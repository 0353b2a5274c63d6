-- ===== src/Streamer/Examples/Starting.antt =====
-- A start from an environment, and a run of the loop.
use fps_anticheat_data_platf.Prelude.{◌⊎◌, String, Option, none, some, str_eq, if◌then◌else◌}
use fps_anticheat_data_platf.Prelude.Result.{ok}
use fps_anticheat_data_platf.Streamer.Accumulator.{new}
use fps_anticheat_data_platf.Streamer.Accumulator.Stream.{outcomes_of}
use fps_anticheat_data_platf.Streamer.App.{Services, run}
use fps_anticheat_data_platf.Streamer.App.Delivery.{Ends, run-Ends}
use fps_anticheat_data_platf.Streamer.Start.{Clients, main}
use fps_anticheat_data_platf.Streamer.Start.Started.{IsRefused, IsRunning, main_lem}
use fps_anticheat_data_platf.Streamer.Examples.{start, f32}
use fps_anticheat_data_platf.Streamer.Examples.Projection.{Table}
use fps_anticheat_data_platf.Streamer.Examples.Serving.{services}
use fps_anticheat_data_platf.Streamer.Examples.Buffer.{small, rounds}

run-Ends_example :
    Ends services (outcomes_of rounds) start (run services rounds (new small 0) start)
run-Ends_example = run-Ends services small 0 rounds start

abbrev environment : String → Option String
environment key =
    if str_eq key "MINIO_ENDPOINT"
    then some " http://minio:9000 "
    else if str_eq key "BATCH_SIZE"
    then some "500"
    else if str_eq key "FLUSH_INTERVAL_MS"
    then none
    else if str_eq key "R_MAX_WORKERS"
    then some ""
    else if str_eq key "R_WORKER_TIMEOUT_SECONDS"
    then none
    else if str_eq key "KAFKA_MAX_MESSAGE_BYTES"
    then none
    else some key

-- client libraries that always answer
abbrev clients : Clients (Unit {0}) (Unit {0}) (Unit {0})
clients = record {
  create_consumer = λ settings. ok tt;
  subscribe = λ consumer topic. none;
  build_store = λ settings. ok tt;
  create_producer = λ settings. ok tt;
}

abbrev connect : Unit {0} → Unit {0} → Unit {0} → Services Table Table (Unit {0})
connect consumer store producer = services

main_lem_example :
    let r = main clients connect f32 environment (some 8) 0 rounds in
    IsRefused clients connect f32 environment (some 8) 0 rounds r
    ⊎ IsRunning clients connect f32 environment (some 8) 0 rounds r
main_lem_example = main_lem clients connect f32 environment (some 8) 0 rounds
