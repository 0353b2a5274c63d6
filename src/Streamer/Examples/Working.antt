-- ===== src/Streamer/Examples/Working.antt =====
-- A run of the native worker over the tables in memory.
use fps_anticheat_data_platf.Prelude.{◌≡◌, refl, String, none, some, [], ◌∷◌, str_eq, if◌then◌else◌}
use fps_anticheat_data_platf.Prelude.Text.{trim}
use fps_anticheat_data_platf.Prelude.Result.{ok}
use fps_anticheat_data_platf.Streamer.Bronze.{build_schema, bronze_columns, events_to_record_batch}
use fps_anticheat_data_platf.Streamer.Parquet.{
  ParquetLibrary, record_batch_to_parquet_bytes, read_parquet_bytes, collect_batches,
}
use fps_anticheat_data_platf.Streamer.Producer.{NativeWorkerResult}
use fps_anticheat_data_platf.Streamer.Action.{World}
use fps_anticheat_data_platf.Streamer.Storage.Downloads.{not_found}
use fps_anticheat_data_platf.Streamer.Worker.Local.{WorkerServices}
use fps_anticheat_data_platf.Streamer.Worker.{process_manifest}
use fps_anticheat_data_platf.Streamer.Worker.Projects.{IsProjected, process_manifest-IsProjected}
use fps_anticheat_data_platf.Streamer.Worker.Healthy.{Works, Holds, process_manifest_succeeds}
use fps_anticheat_data_platf.Streamer.Examples.{anything, start}
use fps_anticheat_data_platf.Streamer.Examples.Projection.{
  Table, tables, tables-IsArrow, f64, in_order, events, height,
}

abbrev bronze : Table
bronze = record { schema = build_schema; cols = bronze_columns events }

-- a library that writes the number of rows, and always reads the one Bronze table
abbrev parquet : ParquetLibrary Table Table (Unit {0})
parquet = record {
  new_writer = λ b. ok b;
  write = λ w b. ok b;
  close = λ w. ok (height w.cols ∷ []);
  new_reader = λ bytes. ok tt;
  build = λ r. ok (ok bronze ∷ []);
}

abbrev manifest_key : String
manifest_key = "manifests/year=2026/month=01/day=02/manifest_b1.json"

abbrev working : WorkerServices Table Table (Unit {0})
working = record {
  lib = tables;
  parquet = parquet;
  f64 = f64;
  iterate = in_order;
  store = record {
    get = λ log key. ok (ok (if str_eq key manifest_key then 1 ∷ [] else 2 ∷ []));
    head = λ log key. not_found;
    put_fault = λ log. none;
  };
  disk = record { fault = λ op path. none; buffered = λ path bytes. ok bytes };
  sha256_bytes = anything;
  acquire_owned = λ log. none;
  tempdir = λ log. ok "/tmp/w";
  utf8 = λ bytes. ok "{}";
  from_str = λ content. ok (some "bronze/b1.parquet");
  created_at = "now";
}

working-Works : Works working
unfolding record_batch_to_parquet_bytes
working-Works = record {
  disk = λ op path. refl;
  buffers = λ path bytes. refl;
  puts = λ log. refl;
  encodes = λ b. (height b.cols ∷ [], refl);
  arrow = tables-IsArrow;
}

working-Holds : Holds working start.log manifest_key bronze
unfolding read_parquet_bytes collect_batches trim
working-Holds = record {
  temp = "/tmp/w";
  manifest = 1 ∷ [];
  content = "{}";
  bronze_key = "bronze/b1.parquet";
  bronze = 2 ∷ [];
  permit = refl;
  directory = refl;
  has_manifest = refl;
  is_text = refl;
  is_json = refl;
  not_blank = refl;
  has_bronze = refl;
  batches = bronze ∷ [];
  decodes = refl;
  some_batch = refl;
  same_rows = refl;
}

bronze_made : events_to_record_batch tables events ≡ ok bronze
unfolding events_to_record_batch
bronze_made = refl

-- a run, as the premise of the theorem about a run that succeeds
worked :
    (r : NativeWorkerResult) × (w' : World) × (process_manifest working manifest_key start
      ≡ (ok r, w'))
worked =
    let (g, t, run, _, _) =
      process_manifest_succeeds working manifest_key events bronze start working-Works bronze_made
        working-Holds in
    (_, _, run)

process_manifest-IsProjected_example : IsProjected working manifest_key start worked.1 worked.0
process_manifest-IsProjected_example =
    process_manifest-IsProjected working manifest_key start worked.1 worked.0 worked.2
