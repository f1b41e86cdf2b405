-- ===== src/Protocol/Receive/Safety.antt =====
-- Whatever a client sends, in whatever pieces, `step` stays inside the read buffer.
use open_fusion.Common.{
  false, ◌⊎◌, inr, ℕ, ◌+◌, ◌-◌, ◌≤◌, ◌≡◌, refl, ◌∙◌, true, Option, some, List, [], ◌∷◌, ◌++◌, arith,
  length, take, drop, length-take, length-drop, length-append, inl, Bool-cases,
}
use open_fusion.Common.Words.{length-word_bytes}
use open_fusion.Common.Int.{ℤ, pos, negsuc, pos_part, to_size_t}
use open_fusion.Protocol.Cipher.{decrypt_data}
use open_fusion.Protocol.Cipher.RoundTrip.{decrypt_negative, cipher_in_bounds}
use open_fusion.Protocol.Packets.Parse.{AreCountsInside, length-parse_packet}
use open_fusion.Protocol.Packets.{
  cn_packet_buffer_size, PacketDesc, PacketData, Verdict, unknown_packet, unexpected_packet,
  invalid_variadic, wrong_size, handled,
}
use open_fusion.Protocol.Socket.{Socket, kill, key_bytes}
use open_fusion.Protocol.Receive.{
  reset, RecvReply, received, recv_would_block, recv_failed, write_at, Flow, goes_on, returns,
  got_header, read_header, read_body, dispatch, finish_packet, first_part, second_part, third_part,
  step, wants_header, wants_body, is_complete,
}

-- The state of the receiving end between two calls. Only a socket that was just killed has a size
-- that is too large.
pub record IsReceiver (s : Socket) : Type 0 where
  pub buffered : length s.read_buffer ≡ cn_packet_buffer_size
  pub sized : (s.alive ≡ false) ⊎ (pos_part s.read_size ≤ cn_packet_buffer_size)
  pub indexed : s.read_buffer_index ≤ pos_part s.read_size

alive_sized :
    (s : Socket) → IsReceiver s → s.alive ≡ true → pos_part s.read_size ≤ cn_packet_buffer_size
alive_sized s v a = ground (arith, v.sized)

-- recv() returns no more bytes than it was asked for.
abbrev pub RecvWithin : (ℕ → RecvReply) → Type 0
RecvWithin recv = (n : ℕ) (bs : List ℕ) → recv n ≡ received bs → length bs ≤ n

pub write_at_lem :
    (buf : List ℕ) (i : ℕ) (bs : List ℕ)
    → i + length bs ≤ length buf
    → write_at buf i bs ≡ some (take i buf ++ (bs ++ drop (i + length bs) buf))
unfolding write_at
write_at_lem buf i bs h = ground arith

pub length-written :
    (buf : List ℕ) (i : ℕ) (bs : List ℕ)
    → i + length bs ≤ length buf
    → length (take i buf ++ (bs ++ drop (i + length bs) buf)) ≡ length buf
length-written buf i bs h = omega (
  arith,
  length-append (take i buf) (bs ++ drop (i + length bs) buf),
  length-append bs (drop (i + length bs) buf),
  length-take i buf,
  length-drop (i + length bs) buf,
)

-- What a part of `step` hands on; the size is small while the socket is alive, and it lives on
-- where it goes on.
abbrev FlowIsReceiver : Flow → Type 0
FlowIsReceiver (goes_on s) = IsReceiver s × (s.alive ≡ true)
FlowIsReceiver (returns s) = IsReceiver s

abbrev Keeps : Option Flow → Type 0
Keeps r = (f : Flow) × (r ≡ some f) × FlowIsReceiver f

kill-IsReceiver : (s : Socket) → IsReceiver s → IsReceiver (kill s)
unfolding kill
kill-IsReceiver s v = ground arith

got_header-FlowIsReceiver :
    (s : Socket) (bs buf : List ℕ)
    → IsReceiver s
    → s.alive ≡ true
    → s.read_buffer_index ≡ 0
    → length buf ≡ cn_packet_buffer_size
    → FlowIsReceiver (got_header s bs buf)
unfolding got_header kill
got_header-FlowIsReceiver s bs buf v a i l = ground arith

read_header-Keeps :
    (s : Socket) (r : RecvReply)
    → IsReceiver s
    → s.alive ≡ true
    → s.read_buffer_index ≡ 0
    → ((bs : List ℕ) → r ≡ received bs → length bs ≤ 4)
    → Keeps (read_header s r)
unfolding read_header
read_header-Keeps s (received bs) v a i h =
    let fits = h bs refl in
    let base = v.buffered in
    let room : 0 + length bs ≤ length s.read_buffer = omega arith in
    let buf = take 0 s.read_buffer ++ (bs ++ drop (0 + length bs) s.read_buffer) in
    (
      got_header s bs buf,
      rw (write_at_lem s.read_buffer 0 bs room),
      got_header-FlowIsReceiver s bs buf v a i (length-written s.read_buffer 0 bs room ∙ base),
    )
read_header-Keeps s recv_would_block v a i h = (goes_on s, refl, (v, a))
read_header-Keeps s recv_failed v a i h = (returns (kill s), refl, kill-IsReceiver s v)

read_body-Keeps :
    (s : Socket) (r : RecvReply)
    → IsReceiver s
    → s.alive ≡ true
    → s.read_buffer_index ≤ pos_part s.read_size
    → ((bs : List ℕ) → r ≡ received bs → length bs ≤ pos_part s.read_size - s.read_buffer_index)
    → Keeps (read_body s r)
unfolding read_body
read_body-Keeps s (received []) v a i h = (returns (kill s), refl, kill-IsReceiver s v)
read_body-Keeps s (received (b ∷ bs)) v a i h =
    let fits = h (b ∷ bs) refl in
    let base = v.buffered in
    let sized = alive_sized s v a in
    let at = s.read_buffer_index in
    let room : at + length (b ∷ bs) ≤ length s.read_buffer = omega arith in
    let full = length-written s.read_buffer at (b ∷ bs) room ∙ base in
    (
      goes_on (record s {
        read_buffer =
            take at s.read_buffer ++ (b ∷ bs ++ drop (at + length (b ∷ bs)) s.read_buffer);
        read_buffer_index = at + length (b ∷ bs);
      }),
      rw (write_at_lem s.read_buffer at (b ∷ bs) room),
      (record { buffered = full; sized = v.sized; indexed = omega arith }, a),
    )
read_body-Keeps s recv_would_block v a i h = (goes_on s, refl, (v, a))
read_body-Keeps s recv_failed v a i h = (returns (kill s), refl, kill-IsReceiver s v)

-- The decryption of a packet of any size that passed the check of the header, also a negative one.
decrypt_read_buffer :
    (buf : List ℕ) (key : ℕ) (size : ℤ)
    → length buf ≡ cn_packet_buffer_size
    → pos_part size ≤ cn_packet_buffer_size
    → (out : List ℕ) × (decrypt_data buf (key_bytes key) size ≡ some (out, size))
      × (length out ≡ cn_packet_buffer_size)
unfolding key_bytes
decrypt_read_buffer buf key (pos n) l h =
    let (out, e, same, _) =
      (cipher_in_bounds (key_bytes key) n (length-word_bytes 8 key) buf (omega arith)).1 in
    (out, e, same ∙ l)
decrypt_read_buffer buf key (negsuc n) l h = (buf, decrypt_negative buf (key_bytes key) n, l)

first_part-Keeps :
    (recv : ℕ → RecvReply) (s : Socket)
    → RecvWithin recv
    → IsReceiver s
    → s.alive ≡ true
    → Keeps (first_part recv s)
unfolding first_part
first_part-Keeps recv s h v a = elim (Bool-cases (wants_header s)) [
  | inl wants ↦ rw wants (read_header-Keeps s (recv 4) v a (ground (arith, v.indexed)) (h 4))
  | inr reads ↦ (goes_on s, rw reads, (v, a))
]

second_part-Keeps :
    (recv : ℕ → RecvReply) (f : Flow)
    → RecvWithin recv
    → FlowIsReceiver f
    → Keeps (second_part recv f)
unfolding second_part
second_part-Keeps recv (returns s) h v = (returns s, refl, v)
second_part-Keeps recv (goes_on s) h (v, a) =
    let n = pos_part s.read_size - s.read_buffer_index in
    elim (Bool-cases (wants_body s)) [
      | inl wants ↦ rw wants (read_body-Keeps s (recv n) v a v.indexed (h n))
      | inr reads ↦ (goes_on s, rw reads, (v, a))
    ]

module _ (packets : ℕ → Option PacketDesc) (handler : Socket → PacketData → Socket)
    (keeps_buffer : (s : Socket) (pkt : PacketData)
      → length (handler s pkt).read_buffer ≡ length s.read_buffer)
    (inside : AreCountsInside packets) where
  dispatch-length :
      (s : Socket) (buf : List ℕ) (v : Verdict)
      → length (dispatch packets handler s (buf, v)).read_buffer ≡ length buf
  unfolding dispatch
  dispatch-length s buf unknown_packet = refl
  dispatch-length s buf unexpected_packet = refl
  dispatch-length s buf invalid_variadic = refl
  dispatch-length s buf wrong_size = refl
  dispatch-length s buf (handled pkt) = keeps_buffer _ pkt

  finish_packet-IsReceiver :
      (s : Socket)
      → IsReceiver s
      → s.alive ≡ true
      → (t : Socket) × (finish_packet packets handler s ≡ some t) × IsReceiver t
  unfolding finish_packet
  finish_packet-IsReceiver s v a =
      let (buf, e, l) =
        decrypt_read_buffer s.read_buffer s.e_key s.read_size v.buffered (alive_sized s v a) in
      let size = to_size_t s.read_size in
      let (buf', verdict, parsed, kept) = length-parse_packet packets buf size inside l in
      (
        reset (dispatch packets handler s (buf', verdict)),
        rw (e, parsed) refl,
        record {
          buffered = dispatch-length s buf' verdict ∙ kept ∙ l;
          sized = inr (omega arith);
          indexed = omega arith;
        },
      )

  third_part-IsReceiver :
      (f : Flow)
      → FlowIsReceiver f
      → (t : Socket) × (third_part packets handler f ≡ some t) × IsReceiver t
  unfolding third_part
  third_part-IsReceiver (returns s) v = (s, refl, v)
  third_part-IsReceiver (goes_on s) (v, a) = elim (Bool-cases (is_complete s)) [
    | inl done ↦ rw done (finish_packet-IsReceiver s v a)
    | inr more ↦ (s, rw more, v)
  ]

  -- A live socket handles whatever recv() returns without an access outside the read buffer, and
  -- is left with the invariant: the buffer has its 4096 bytes, the size of the current packet is at
  -- most that while the socket lives, and the index is at most the size. recv() returns at most
  -- what it is asked for, the handler keeps the buffer's length, and the structs of the packet table
  -- hold their counts: behind the type, within the buffer.
  pub step-IsReceiver :
      (recv1 recv2 : ℕ → RecvReply) (s : Socket)
      → RecvWithin recv1
      → RecvWithin recv2
      → IsReceiver s
      → s.alive ≡ true
      → (t : Socket) × (step packets handler recv1 recv2 s ≡ some t) × IsReceiver t
  unfolding step
  step-IsReceiver recv1 recv2 s h1 h2 v a =
      let (f, e, kf) = first_part-Keeps recv1 s h1 v a in
      let (g, e', kg) = second_part-Keeps recv2 f h2 kf in rw (e, e') (third_part-IsReceiver g kg)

* **What to work on**: What lines in the material above hold the string "elim"? List them.

* **Solved exercise**:
first_part-Keeps recv s h v a = elim (Bool-cases (wants_header s)) [
    elim (Bool-cases (wants_body s)) [
  third_part-IsReceiver (goes_on s) (v, a) = elim (Bool-cases (is_complete s)) [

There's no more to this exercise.